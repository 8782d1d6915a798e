-- ===== src/Base/Counts.antt =====
-- How many items a filter leaves, and the pairs of two lists.
use Prim.Native.Nat.{suc, ◌+◌, ◌*◌, ◌≤◌, ◌<◌}
use mathlib.Core.Path.{◌≡◌, refl}
use mathlib.Core.Bool.{Bool, true, false}
use mathlib.Core.List.{List, [], ◌∷◌, ◌++◌, map, Memᴰ}
use mathlib.Core.List.Memᴰ
use native.Mathlib.Omega.{arith}
use arc_db.Base.Lists.{length, keep}
use arc_db.Base.Sort.{insert, sort}

module _ {ℓ} {A : Type ℓ} where
  pub length-append : (xs ys : List A) → length (xs ++ ys) ≡ length xs + length ys
  length-append [] ys = omega arith
  length-append (x ∷ xs) ys = omega (arith, length-append xs ys)

  pub length-keep : (p : A → Bool) (xs : List A) → length (keep p xs) ≤ length xs
  length-keep p [] = omega arith
  length-keep p (x ∷ xs) = ground (arith, length-keep p xs)

  length-insert :
      (le : A → A → Bool) (a : A) (xs : List A) → length (insert le a xs) ≡ suc (length xs)
  unfolding insert
  length-insert le a [] = refl
  length-insert le a (x ∷ xs) = ground (arith, length-insert le a xs)

  pub length-sort : (le : A → A → Bool) (xs : List A) → length (sort le xs) ≡ length xs
  unfolding sort
  length-sort le [] = refl
  length-sort le (x ∷ xs) = omega (arith, length-insert le x (sort le xs), length-sort le xs)

  -- A stricter filter leaves no more, and fewer if it drops an item that the other keeps.
  pub length-keep-le :
      (p q : A → Bool) (xs : List A)
      → ((x : A) → q x ≡ true → p x ≡ true)
      → length (keep q xs) ≤ length (keep p xs)
  length-keep-le p q [] h = omega arith
  length-keep-le p q (x ∷ xs) h = ground (arith, h x, length-keep-le p q xs h)

  pub length-keep-lt :
      (p q : A → Bool) (xs : List A) (x : A)
      → ((y : A) → q y ≡ true → p y ≡ true)
      → Memᴰ x xs
      → p x ≡ true
      → q x ≡ false
      → length (keep q xs) < length (keep p xs)
  length-keep-lt p q [] x h m yes' no' = elim m [ ]
  length-keep-lt p q (y ∷ ys) x h (Memᴰ.head e) yes' no' =
      let a : p y ≡ true = rw (← e) yes' in
      let b : q y ≡ false = rw (← e) no' in ground (arith, length-keep-le p q ys h)
  length-keep-lt p q (y ∷ ys) x h (Memᴰ.tail m) yes' no' =
      ground (arith, h y, length-keep-lt p q ys x h m yes' no')

pub length-map {ℓ κ} :
    {A : Type ℓ} {B : Type κ} (f : A → B) (xs : List A) → length (map f xs) ≡ length xs
length-map f [] = refl
length-map f (x ∷ xs) = omega (arith, length-map f xs)

module _ {ℓ κ} {A : Type ℓ} {B : Type κ} where
  -- Each item of the one list with each of the other.
  abbrev pub pairs : List A → List B → List (A × B)
  pairs [] bs = []
  pairs (a ∷ as') bs = map (λ b. (a, b)) bs ++ pairs as' bs

  pub length-pairs : (as' : List A) (bs : List B) → length (pairs as' bs) ≡ length as' * length bs
  length-pairs [] bs = omega arith
  length-pairs (a ∷ as') bs = grind (
    arith,
    length-append (map (λ b. (a, b)) bs) (pairs as' bs),
    length-map {B = A × B} (λ b. (a, b)) bs,
    length-pairs as' bs,
  )

  pub mem-pairs :
      (as' : List A) (bs : List B) {a : A} {b : B}
      → Memᴰ a as'
      → Memᴰ b bs
      → Memᴰ (a, b) (pairs as' bs)
  mem-pairs [] bs m k = elim m [ ]
  mem-pairs (c ∷ cs) bs {a} {b} (Memᴰ.head e) k =
      Memᴰ.append_left (pairs cs bs) (rw e (Memᴰ.map (λ x. (c, x)) k))
  mem-pairs (c ∷ cs) bs (Memᴰ.tail m) k =
      Memᴰ.append_right (map (λ x. (c, x)) bs) (mem-pairs cs bs m k)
★ ★ ★ ★ ★ ★ ★
Required work: The entries are to be retyped in full, with no alteration.

Answer:
repository 8782d1d6915a798e
-- ===== src/Base/Counts.antt =====
-- How many items a filter leaves, and the pairs of two lists.
use Prim.Native.Nat.{suc, ◌+◌, ◌*◌, ◌≤◌, ◌<◌}
use mathlib.Core.Path.{◌≡◌, refl}
use mathlib.Core.Bool.{Bool, true, false}
use mathlib.Core.List.{List, [], ◌∷◌, ◌++◌, map, Memᴰ}
use mathlib.Core.List.Memᴰ
use native.Mathlib.Omega.{arith}
use arc_db.Base.Lists.{length, keep}
use arc_db.Base.Sort.{insert, sort}

module _ {ℓ} {A : Type ℓ} where
  pub length-append : (xs ys : List A) → length (xs ++ ys) ≡ length xs + length ys
  length-append [] ys = omega arith
  length-append (x ∷ xs) ys = omega (arith, length-append xs ys)

  pub length-keep : (p : A → Bool) (xs : List A) → length (keep p xs) ≤ length xs
  length-keep p [] = omega arith
  length-keep p (x ∷ xs) = ground (arith, length-keep p xs)

  length-insert :
      (le : A → A → Bool) (a : A) (xs : List A) → length (insert le a xs) ≡ suc (length xs)
  unfolding insert
  length-insert le a [] = refl
  length-insert le a (x ∷ xs) = ground (arith, length-insert le a xs)

  pub length-sort : (le : A → A → Bool) (xs : List A) → length (sort le xs) ≡ length xs
  unfolding sort
  length-sort le [] = refl
  length-sort le (x ∷ xs) = omega (arith, length-insert le x (sort le xs), length-sort le xs)

  -- A stricter filter leaves no more, and fewer if it drops an item that the other keeps.
  pub length-keep-le :
      (p q : A → Bool) (xs : List A)
      → ((x : A) → q x ≡ true → p x ≡ true)
      → length (keep q xs) ≤ length (keep p xs)
  length-keep-le p q [] h = omega arith
  length-keep-le p q (x ∷ xs) h = ground (arith, h x, length-keep-le p q xs h)

  pub length-keep-lt :
      (p q : A → Bool) (xs : List A) (x : A)
      → ((y : A) → q y ≡ true → p y ≡ true)
      → Memᴰ x xs
      → p x ≡ true
      → q x ≡ false
      → length (keep q xs) < length (keep p xs)
  length-keep-lt p q [] x h m yes' no' = elim m [ ]
  length-keep-lt p q (y ∷ ys) x h (Memᴰ.head e) yes' no' =
      let a : p y ≡ true = rw (← e) yes' in
      let b : q y ≡ false = rw (← e) no' in ground (arith, length-keep-le p q ys h)
  length-keep-lt p q (y ∷ ys) x h (Memᴰ.tail m) yes' no' =
      ground (arith, h y, length-keep-lt p q ys x h m yes' no')

pub length-map {ℓ κ} :
    {A : Type ℓ} {B : Type κ} (f : A → B) (xs : List A) → length (map f xs) ≡ length xs
length-map f [] = refl
length-map f (x ∷ xs) = omega (arith, length-map f xs)

module _ {ℓ κ} {A : Type ℓ} {B : Type κ} where
  -- Each item of the one list with each of the other.
  abbrev pub pairs : List A → List B → List (A × B)
  pairs [] bs = []
  pairs (a ∷ as') bs = map (λ b. (a, b)) bs ++ pairs as' bs

  pub length-pairs : (as' : List A) (bs : List B) → length (pairs as' bs) ≡ length as' * length bs
  length-pairs [] bs = omega arith
  length-pairs (a ∷ as') bs = grind (
    arith,
    length-append (map (λ b. (a, b)) bs) (pairs as' bs),
    length-map {B = A × B} (λ b. (a, b)) bs,
    length-pairs as' bs,
  )

  pub mem-pairs :
      (as' : List A) (bs : List B) {a : A} {b : B}
      → Memᴰ a as'
      → Memᴰ b bs
      → Memᴰ (a, b) (pairs as' bs)
  mem-pairs [] bs m k = elim m [ ]
  mem-pairs (c ∷ cs) bs {a} {b} (Memᴰ.head e) k =
      Memᴰ.append_left (pairs cs bs) (rw e (Memᴰ.map (λ x. (c, x)) k))
  mem-pairs (c ∷ cs) bs (Memᴰ.tail m) k =
      Memᴰ.append_right (map (λ x. (c, x)) bs) (mem-pairs cs bs m k)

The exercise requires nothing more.